In these figures required genes are represented in purple, optional genes in orange, and genes not present in the protein queries files in green. The transparency of each gene’s color is determined by the conservation of homologous genes found in the gator windows.

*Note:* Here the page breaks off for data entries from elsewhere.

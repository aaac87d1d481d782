-- ===== src/Calendar/Event/Clock/Endless.antt =====
-- The loop of GetAllInBetween: it ends when Next always finds a time, and it never does when Next finds
-- nothing, since the zero time is before every end.
use mathlib.Core.Path.{subst}
use resticprofile.Base.{
  ltb→lt, ℕ, zero, suc, ◌+◌, ◌*◌, ◌/◌, ◌≤◌, ◌≢◌, ◌<◌, ◌≡◌, refl, ap, sym, ◌∙◌, true, false, none,
  some, List, [], ◌∷◌, arith, ltb, ◌&&◌, ◌-◌, ◌==◌, contains, All, Bool-cases, inl, inr,
}
use resticprofile.Calendar.Event.{Event}
use resticprofile.Calendar.Event.Clock.{
  Clock, one_minute, truncate, matches, next_time, all_from, get_all_in_between, prepend,
}
use resticprofile.Calendar.Event.Clock.First.{next_time-IsFirst}

truncate-whole : (t : ℕ) → (k : ℕ) × (truncate t ≡ k * one_minute)
unfolding truncate
truncate-whole t = (t / one_minute, omega arith)

module _ (c : Clock) (e : Event) (end : ℕ) where
  all_from-step :
      (fuel next : ℕ)
      → next < end
      → all_from c e end (suc fuel) (some next)
        ≡ prepend next (all_from c e end fuel (next_time c e (next + one_minute)))
  unfolding all_from
  all_from-step fuel next h = ground (arith, h)

  all_from_endless :
      0 < end
      → next_time c e (0 + one_minute) ≡ some 0
      → (fuel : ℕ) → all_from c e end fuel (some 0) ≡ none
  all_from_endless h z zero = unfold all_from in refl
  all_from_endless h z (suc fuel) =
      all_from-step fuel 0 h
      ∙ ap (prepend 0) (ap (all_from c e end fuel) z ∙ all_from_endless h z fuel)

  all_from-end :
      (fuel next : ℕ) → ltb next end ≡ false → all_from c e end (suc fuel) (some next) ≡ some []
  unfolding all_from
  all_from-end fuel next h = rw h

  -- Next never gives the zero time from the start on.
  abbrev pub Finds : ℕ → Type 0
  Finds start = (t : ℕ) → start ≤ t → next_time c e t ≢ some 0

-- Where Next finds no match behind the start, and none in the first years of the calendar either,
-- the loop of GetAllInBetween never ends: no number of rounds gives a list.
pub get_all_endless :
    (c : Clock) (e : Event) (start end : ℕ)
    → next_time c e (truncate start) ≡ some 0
    → next_time c e (0 + one_minute) ≡ some 0
    → 0 < truncate end
    → (fuel : ℕ) → get_all_in_between c e fuel start end ≡ none
unfolding get_all_in_between
get_all_endless c e start end first again h fuel =
    ap (all_from c e (truncate end) fuel) first ∙ all_from_endless c e (truncate end) h again fuel

module _ (c : Clock) (e : Event) (end : ℕ) where
  -- The minutes of the list are those from `from` on that match before the end.
  abbrev Lists : ℕ → List ℕ → Type 0
  Lists from ts =
      (k : ℕ)
      → contains (from + k * one_minute) ts
        ≡ (ltb (from + k * one_minute) end && matches c e (from + k * one_minute))

  -- Each time of the list is before the end, matches, and is not before `from`.
  abbrev Matching : ℕ → List ℕ → Type 0
  Matching from = All (λ t. ((t < end) × (matches c e t ≡ true)) × (from ≤ t))

  absent : (from t : ℕ) (ts : List ℕ) → t < from → Matching from ts → contains t ts ≡ false
  unfolding contains
  absent from t [] h all = refl
  absent from t (u ∷ ts) h (first, all) = ground (arith, absent from t ts h all, first.1, h)

  weaker : (from later : ℕ) (ts : List ℕ) → from ≤ later → Matching later ts → Matching from ts
  weaker from later [] h all = tt
  weaker from later (t ∷ ts) h (first, all) =
      ((first.0, omega (arith, h, first.1)), weaker from later ts h all)

  -- The minute of the number `k`, when the first that matches has the number `m`.
  Lists-first :
      (t m : ℕ) (ts : List ℕ)
      → matches c e (t + m * one_minute) ≡ true
      → t + m * one_minute < end
      → ((j : ℕ) → j < m → matches c e (t + j * one_minute) ≡ false)
      → Lists (t + m * one_minute + one_minute) ts
      → Matching (t + m * one_minute + one_minute) ts
      → Lists t ((t + m * one_minute) ∷ ts)
  unfolding contains
  Lists-first t m ts hit early before lists all k = elim (Bool-cases (ltb k m)) [
    | inl l ↦
        let less = ltb→lt k m l in
        let none_yet = before k less in
        let gone =
          absent (t + m * one_minute + one_minute) (t + k * one_minute) ts (omega (arith, less))
            all in
        ground (arith, none_yet, gone, less)
    | inr l ↦ elim (Bool-cases (k == m)) [
      | inl same ↦
          let equal : m ≡ k = ground (arith, same) in
          subst
            (λ x.
              contains (t + x * one_minute) ((t + m * one_minute) ∷ ts)
              ≡ (ltb (t + x * one_minute) end && matches c e (t + x * one_minute)))
            equal (ground (arith, hit, early))
      | inr other ↦
          let j = k - suc m in
          let number : t + m * one_minute + one_minute + j * one_minute ≡ t + k * one_minute =
            ground (arith, l, other) in
          let rest = subst (λ x. contains x ts ≡ (ltb x end && matches c e x)) number (lists j) in
          ground (arith, rest, l, other)
    ]
  ]

  Lists-none :
      (t m : ℕ)
      → ltb (t + m * one_minute) end ≡ false
      → ((j : ℕ) → j < m → matches c e (t + j * one_minute) ≡ false)
      → Lists t []
  unfolding contains
  Lists-none t m late before k = elim (Bool-cases (ltb k m)) [
    | inl l ↦ let none_yet = before k (ltb→lt k m l) in ground (arith, none_yet)
    | inr l ↦ ground (arith, late, l)
  ]

  -- What the loop lists, from the first time on that Next finds.
  abbrev Listing : ℕ → ℕ → Type 0
  Listing fuel t =
      (ts : List ℕ) × ((all_from c e end (suc fuel) (next_time c e t) ≡ some ts)
        × (Lists t ts × Matching t ts))

  -- The first time is before the end.
  abbrev Early : ℕ → ℕ → ℕ → Type 0
  Early t r m =
      ((next_time c e t ≡ some r) × (r ≡ t + m * one_minute))
      × (((matches c e r ≡ true) × (r < end))
          × ((j : ℕ) → j < m → matches c e (t + j * one_minute) ≡ false))

  Listing-first :
      (start fuel t : ℕ)
      → Finds c e end start
      → start ≤ t
      → truncate t ≡ t
      → ((r m : ℕ) → Early t r m → Listing fuel t)
      → Listing fuel t
  Listing-first start fuel t finds h whole early_case =
      let (r, found, what) = next_time-IsFirst c e t in
      elim what [
        | inr (z, _) ↦ absurd (finds t h (found ∙ ap some z))
        | inl f ↦
            let m = f.minutes_later in
            let at : r ≡ t + m * one_minute = f.is_later ∙ ap (λ x. x + m * one_minute) whole in
            let before : (j : ℕ) → j < m → matches c e (t + j * one_minute) ≡ false =
              subst (λ x. (j : ℕ) → j < m → matches c e (x + j * one_minute) ≡ false) whole
                f.none_before in
            elim (Bool-cases (ltb r end)) [
              | inr late ↦ (
                [],
                (
                  ap (all_from c e end (suc fuel)) found ∙ all_from-end c e end fuel r late,
                  (Lists-none t m (subst (λ x. ltb x end ≡ false) at late) before, tt),
                ),
              )
              | inl early ↦ early_case r m ((found, at), ((f.is_match, ltb→lt r end early), before))
            ]
      ]

  -- The first time, and what is listed from the minute behind it on.
  Listing-prepend :
      (fuel t r m : ℕ) → Early t r m → Listing fuel (r + one_minute) → Listing (suc fuel) t
  Listing-prepend fuel t r m ((found, at), ((hit, early), before)) (ts, (rest, (lists, all))) = (
    r ∷ ts,
    (
      ap (all_from c e end (suc (suc fuel))) found
          ∙ all_from-step c e end (suc fuel) r early
          ∙ ap (prepend r) rest,
      (
        subst (λ x. Lists t (x ∷ ts)) (sym at)
            (Lists-first t m ts (subst (λ x. matches c e x ≡ true) at hit)
              (omega (arith, early, at)) before (subst (λ x. Lists (x + one_minute) ts) at lists)
              (subst (λ x. Matching (x + one_minute) ts) at all)),
        (((early, hit), omega (arith, at)), weaker t (r + one_minute) ts (omega (arith, at)) all),
      ),
    ),
  )

  all_from-Lists :
      (start fuel t : ℕ)
      → Finds c e end start
      → start ≤ t
      → truncate t ≡ t
      → end ≤ t + fuel * one_minute
      → Listing fuel t
  unfolding truncate
  all_from-Lists start zero t finds h whole enough =
      Listing-first start zero t finds h whole
        (λ r m early. absurd (omega (arith, enough, early.1.0.1, early.0.1)))
  all_from-Lists start (suc fuel) t finds h whole enough =
      Listing-first start (suc fuel) t finds h whole (λ r m early.
        Listing-prepend fuel t r m early (
          all_from-Lists start fuel (r + one_minute) finds (omega (arith, h, early.0.1))
            (omega (arith, whole, early.0.1)) (omega (arith, enough, early.0.1))))

-- Where Next finds a time from the truncated start on, whatever the time it is asked for,
-- GetAllInBetween ends, in at most as many rounds as the truncated end has minutes, and two. Its list
-- has a minute from the truncated start on exactly if the minute matches and is before the truncated
-- end; every time of the list matches and lies between the two.
pub recurrences_end :
    (c : Clock) (e : Event) (fuel start end : ℕ)
    → Finds c e (truncate end) (truncate start)
    → truncate end ≤ fuel * one_minute
    → (ts : List ℕ) × ((get_all_in_between c e (suc fuel) start end ≡ some ts)
        × (((k : ℕ)
              → contains (truncate start + k * one_minute) ts ≡ (
                  ltb (truncate start + k * one_minute) (truncate end)
                  && matches c e (truncate start + k * one_minute)))
            × All (λ t. ((t < truncate end) × (matches c e t ≡ true)) × (truncate start ≤ t)) ts))
unfolding get_all_in_between
recurrences_end c e fuel start end finds enough =
    all_from-Lists c e (truncate end) (truncate start) fuel (truncate start) finds (omega arith)
      (truncate_twice start) (omega (arith, enough))
  where
    truncate_twice : (t : ℕ) → truncate (truncate t) ≡ truncate t
    truncate_twice t = let (k, whole) = truncate-whole t in unfold truncate in omega (arith, whole)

Fisrt window_1_neighborhood plot for the first window

Key Points

  • GATOR-GC is an innovative tool that uses an enzyme-aware scoring system and evolutionary principles to explore BGC diversity.

  • Unlike traditional methods, GATOR-GC offers flexibility in defining the taxonomic scope and prioritizes the identification of novel biosynthetic pathways.

  • GATOR-GC can be customized to search for essential and optional enzymes, making it a powerful tool for targeted exploration.

  • Dynamic gene cluster diagrams and GATOR neighborhood visualizations provide clear insights into gene conservation and genomic relationships.